My top pick for global self-regulation is homeopathic medicine for its whole person, totality of symptoms, and individualized approach to healing.
The 2016 Homeopathic medical practice for anxiety and depression in primary care: the EPI3 cohort study is the largest comparative effectiveness study. This was one of three epidemiological cohort studies (EPI3) on general practice in France and compared use of conventional psychotropic drugs among patients seeking care for anxiety and depression disorders from general practitioners who strictly prescribe conventional medicines, regularly prescribe homeopathy in a mixed practice, or are certified homeopathic practitioners. The study found patients treated by homeopathic practitioners or in mixed practices were less likely to use psychotropic drugs over 12 months, and the rate of clinical improvement was marginally higher for patients seen by a homeopathic provider compared to the conventional medicine group.
Another study in the EP13 series showed that patients who consult family physicians certified in homeopathy used significantly less antibiotics and anti-pyretic or anti-inflammatory drugs for upper respiratory infections than those who attended family physicians who prescribe only conventional medicine.
The implications from these studies show that there can be a reduction in the inflammaging with homeopathic medicine.
My second pick is mindfulness meditation. Symptoms of emotional distress or psychopathology can be accompanied by inflammatory processes. Worrying, a hallmark for most of us but a predominant state in the aging population, is linked with inflammation. One of my favorite studies published in 2013 in the Journal of Inspired Living demonstrates that rumination causes inflammation. Rumination is the process of going over and over a thought in your head until it becomes chronic.
Frontiers in Aging Neuroscience also published an article, Mindfulness Training for Healthy Aging, linking mindfulness to a myriad of health sequelae.
“There are several mechanisms through which mindfulness training may alter inflammatory processes: alteration of the hypothalamic-pituitary-adrenal axis or sympathetic nervous system functioning,” the article posits.
These two systems are implicated in the transduction of the brain’s perception of socio-environmental conditions into genomic responses through their production of stress-related hormones such as cortisol, epinephrine, and norepinephrine that directly alter expression of pro-inflammatory genes.

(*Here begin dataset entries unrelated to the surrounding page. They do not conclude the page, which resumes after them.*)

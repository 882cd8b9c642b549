-- ===== src/Prelude/Errno.antt =====
-- include/modvm/errno.h. A function that returns `int` returns its negation here: 0 for success
-- and `einval` where the code returns -VM_EINVAL.
use Prim.Native.Nat.{ℕ}
use mathlib.Core.Path.{◌≡◌, refl}
use mathlib.Core.Logic.{◌⊎◌, inl, inr}

-- A pointer, or ERR_PTR of a negated error number.
pub data Result {ℓ} (A : Type ℓ) : Type ℓ where
  ok : A → Result A
  err : ℕ → Result A

pub Result-cases {ℓ} :
    {A : Type ℓ} (r : Result A) → ((a : A) × (r ≡ ok a)) ⊎ ((e : ℕ) × (r ≡ err e))
Result-cases (ok a) = inl (a, refl)
Result-cases (err e) = inr (e, refl)

abbrev pub enoent : ℕ
enoent = 2

abbrev pub eio : ℕ
eio = 5

abbrev pub enomem : ℕ
enomem = 12

abbrev pub efault : ℕ
efault = 14

abbrev pub ebusy : ℕ
ebusy = 16

abbrev pub eexist : ℕ
eexist = 17

abbrev pub einval : ℕ
einval = 22

abbrev pub enospc : ℕ
enospc = 28

abbrev pub eloop : ℕ
eloop = 40

abbrev pub eoverflow : ℕ
eoverflow = 75

abbrev pub enotsup : ℕ
enotsup = 95

abbrev pub eshutdown : ℕ
eshutdown = 108

abbrev pub ealready : ℕ
ealready = 114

Similarly, in a study of community dwelling older adults, baseline levels of loneliness were associated with expression of the pro-inflammatory gene NF-kB. Those who participated in an eight-week Mindfulness Based Stress Reduction (MBSR) course exhibited significant down regulation of NF-kB expression compared to a waitlist. The evidence is mounting that mindfulness may be beneficial for promoting cognitive, emotional, and physical health within the context of advanced aging.
The ravages of inflammation that “necessarily” come with aging and that appear to be a complex etiology such that we throw our hands up in acceptance now appear to have strategies to deflect the cycle of continuous, low-grade inflammation associated with the chronic degenerative diseases of aging. Indeed, we now have a window of opportunity to employ some of the most skillful strategies that are low cost, safe, and effective.